Captivating, frightening, and a singular achievement.

As Ireland devolves into a brutal police state, one woman tries to preserve her family in this stark fable.

For Eilish Stack, a molecular biologist living with her husband and four children in Dublin, life changes all at once and then slowly worsens beyond imagining. Two men appear at her door one night, agents of the new secret police, seeking her husband, Larry, a union official. Soon he is detained under the Emergency Powers Act recently pushed through by the new ruling party, and she cannot contact him. Eilish sees things shifting at work to those backing the ruling party. The state takes control of the press, the judiciary. Her oldest son receives a summons to military duty for the regime, and she tries to send him to Northern Ireland. He elects to join the rebel forces and soon she cannot contact him, either. His name and address appear in a newspaper ad listing people dodging military service. Eilish is coping with her father’s growing dementia, her teenage daughter’s depression, the vandalizing of her car and house. Then war comes to Dublin as the rebel forces close in on the city. Offered a chance to flee the country by her sister in Canada, Eilish can’t abandon hope for her husband’s and son’s returns. Lynch makes every step of this near-future nightmare as plausible as it is horrific by tightly focusing on Eilish, a smart, concerned woman facing terrible choices and losses.

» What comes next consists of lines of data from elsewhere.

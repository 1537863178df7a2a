-- ===== src/Evidence/Publication.antt =====
-- rintel/provider_arch/publication.py: `CanonicalPublicationStore`. The file system is the state;
-- the stages at which it may raise are an argument, `fault`, and what a read of the staged bundle
-- gives is the argument `read_back`.
pub mod Atomic
pub mod Orphans
use Prim.Native.String.{◌++◌ as text_append}
use rintel_core.Prelude.{
  ℕ, suc, String, Bool, true, false, ◌&&◌, ◌||◌, not, Option, none, some, List, [], ◌∷◌, contains,
  codes, Result, ok, err, raise_if, ◌>>◌, ◌>>=◌, ◌==◌, nat_eq, string_eq, if◌then◌else◌,
}
use rintel_core.Prelude.Json.{Json, integer, text, array, Fields, items}
use rintel_core.Prelude.Dict.{lookup, insert}
use rintel_core.Evidence.Envelope.{CanonicalStateRef}
use rintel_core.Evidence.Wire.{Codec}
use rintel_core.Evidence.Canonical.Reconcile.{CanonicalizationResult}
use rintel_core.Evidence.Batch.{SupportReceipt, CanonicalPublicationBatch}

-- the operations of the file system in the order of `publish`
pub data Stage : Type 0 where
  make_directories make_staged write_bundle read_bundle move_bundle write_pointer move_pointer :
      Stage

abbrev stage_beq : Stage → Stage → Bool
stage_beq make_directories make_directories = true
stage_beq make_staged make_staged = true
stage_beq write_bundle write_bundle = true
stage_beq read_bundle read_bundle = true
stage_beq move_bundle move_bundle = true
stage_beq write_pointer write_pointer = true
stage_beq move_pointer move_pointer = true
stage_beq _ _ = false

abbrev pub fails : Option Stage → Stage → Bool
fails none s = false
fails (some t) s = stage_beq t s

pub record PublishedReceipt : Type 0 where
  pub receipt : SupportReceipt
  pub canonical_revision : String
  pub receipt_id : String

-- the bundle `canonical_evidence.json`
pub record Payload : Type 0 where
  pub revision : String
  pub input_revision : String
  pub provider : String
  pub provider_version : String
  pub coverage : Fields
  pub warnings : List String
  pub registry_version : String
  pub rule_version : String
  pub canonical_state_before : CanonicalStateRef
  pub canonical_state_after : CanonicalStateRef
  pub admission_digests : List String
  pub reconciliation : CanonicalizationResult
  pub canonical_support_receipts : List PublishedReceipt

-- `revisions/`, the directories left in `.staging/`, and `CURRENT.json`
pub record Store : Type 0 where
  pub registry_version : String
  pub rule_version : String
  pub revisions : List (String × Payload)
  pub staging : List String
  pub current : Option String

pub data PublicationError : Type 0 where
  invalid_revision registry_mismatch rule_mismatch revision_exists : PublicationError
  staged_invalid revision_not_found : PublicationError
  os_error : Stage → PublicationError

abbrev tail : List String → List String
tail [] = []
tail (x ∷ xs) = xs

abbrev pub has_slash : String → Bool
has_slash s = contains b'/' (codes s)

module _ (codec : Codec) where
  open codec use {dumps_spaced, sha256_hex}

  pub receipt_id : String → SupportReceipt → ℕ → String
  receipt_id revision r ordinal = text_append "support:" (
      sha256_hex (
        dumps_spaced (
          array (
            items (
              text revision
              ∷ text r.canonical_fact_identity
              ∷ text r.source_admission
              ∷ integer ordinal
              ∷ [])))))

  -- `for ordinal, receipt in enumerate(...)`
  unfoldable pub publish_receipts : String → ℕ → List SupportReceipt → List PublishedReceipt
  publish_receipts revision n [] = []
  publish_receipts revision n (r ∷ rs) =
      record { receipt = r; canonical_revision = revision; receipt_id = receipt_id revision r n }
      ∷ publish_receipts revision (suc n) rs

  unfoldable pub payload_of : String → CanonicalPublicationBatch → Payload
  payload_of revision b = record {
    revision = revision;
    input_revision = b.input_revision;
    provider = b.provider;
    provider_version = b.provider_version;
    coverage = b.coverage;
    warnings = b.warnings;
    registry_version = b.registry_version;
    rule_version = b.rule_version;
    canonical_state_before = b.canonical_state_before;
    canonical_state_after = b.canonical_state_after;
    admission_digests = b.admission_digests;
    reconciliation = b.reconciliation;
    canonical_support_receipts = publish_receipts revision 0 b.support_receipts;
  }

  module _ (read_back : Payload → Payload) (fault : Option Stage) where
    -- the tests before the file system is touched
    abbrev refusal : Store → String → CanonicalPublicationBatch → Option PublicationError
    refusal st revision b =
        if revision == "" || has_slash revision
        then some invalid_revision
        else if not (b.registry_version == st.registry_version)
        then some registry_mismatch
        else if not (b.rule_version == st.rule_version)
        then some rule_mismatch
        else if fails fault make_directories
        then some (os_error make_directories)
        else none

    -- `target.exists()`; the directories "." and ".." of the file system exist too
    abbrev exists : Store → String → Bool
    exists st revision =
        revision == "."
        || revision == ".."
        || (elim (lookup revision st.revisions) [ none ↦ false | some p ↦ true ])

    -- the `try` up to the move of the bundle; `some` is what the handler raises again, behind its
    -- removal of the staged directory
    abbrev staging_failure : String → Payload → Option PublicationError
    staging_failure revision payload =
        if fails fault write_bundle
        then some (os_error write_bundle)
        else if fails fault read_bundle
        then some (os_error read_bundle)
        else if not ((read_back payload).revision == revision)
        then some staged_invalid
        else if fails fault move_bundle
        then some (os_error move_bundle)
        else none

    -- the `try` behind the move: the staged directory is no more, and the handler removes nothing
    abbrev point : Store → String → Payload → Result PublicationError Payload × Store
    point st revision payload =
        if fails fault write_pointer
        then (err (os_error write_pointer), st)
        else if fails fault move_pointer
        then (err (os_error move_pointer), st)
        else (ok payload, record st { current = some revision })

    -- the handler removes the staged directory; the move takes it away too
    abbrev stage_and_move : Store → String → Payload → Result PublicationError Payload × Store
    stage_and_move st revision payload = elim (staging_failure revision payload) [
      | some e ↦ (err e, record st { staging = tail st.staging })
      | none ↦
          point
            (record st {
              staging = tail st.staging;
              revisions = insert revision payload st.revisions;
            })
            revision payload
    ]

    unfoldable pub publish :
        Store → String → CanonicalPublicationBatch → Result PublicationError Payload × Store
    publish st revision b = elim (refusal st revision b) [
      | some e ↦ (err e, st)
      | none ↦
          if exists st revision
          then (err revision_exists, st)
          else if fails fault make_staged
          then (err (os_error make_staged), st)
          else stage_and_move (record st { staging = revision ∷ st.staging }) revision
              (payload_of revision b)
    ]

-- `current_revision`
unfoldable pub current_revision : Store → Option String
current_revision st = st.current

abbrev matching : String → List PublishedReceipt → List PublishedReceipt
matching k [] = []
matching k (r ∷ rs) =
    let rest = matching k rs in if r.receipt.canonical_fact_identity == k then r ∷ rest else rest

abbrev receipts_in : String → Option Payload → Result PublicationError (List PublishedReceipt)
receipts_in k none = err revision_not_found
receipts_in k (some p) = ok (matching k p.canonical_support_receipts)

unfoldable pub support_receipts :
    Store → String → String → Result PublicationError (List PublishedReceipt)
support_receipts st revision evidence_id =
    if revision == "" || revision == "." || revision == ".." || has_slash revision
    then err invalid_revision
    else receipts_in evidence_id (lookup revision st.revisions)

An exceptionally gifted writer, Lynch brings a compelling lyricism to her fears and despair while he marshals the details marking the collapse of democracy and the norms of daily life. His tonal control, psychological acuity, empathy, and bleakness recall Cormac McCarthy’s The Road (2006). And Eilish, his strong, resourceful, complete heroine, recalls the title character of Lynch’s excellent Irish-famine novel, Grace (2017).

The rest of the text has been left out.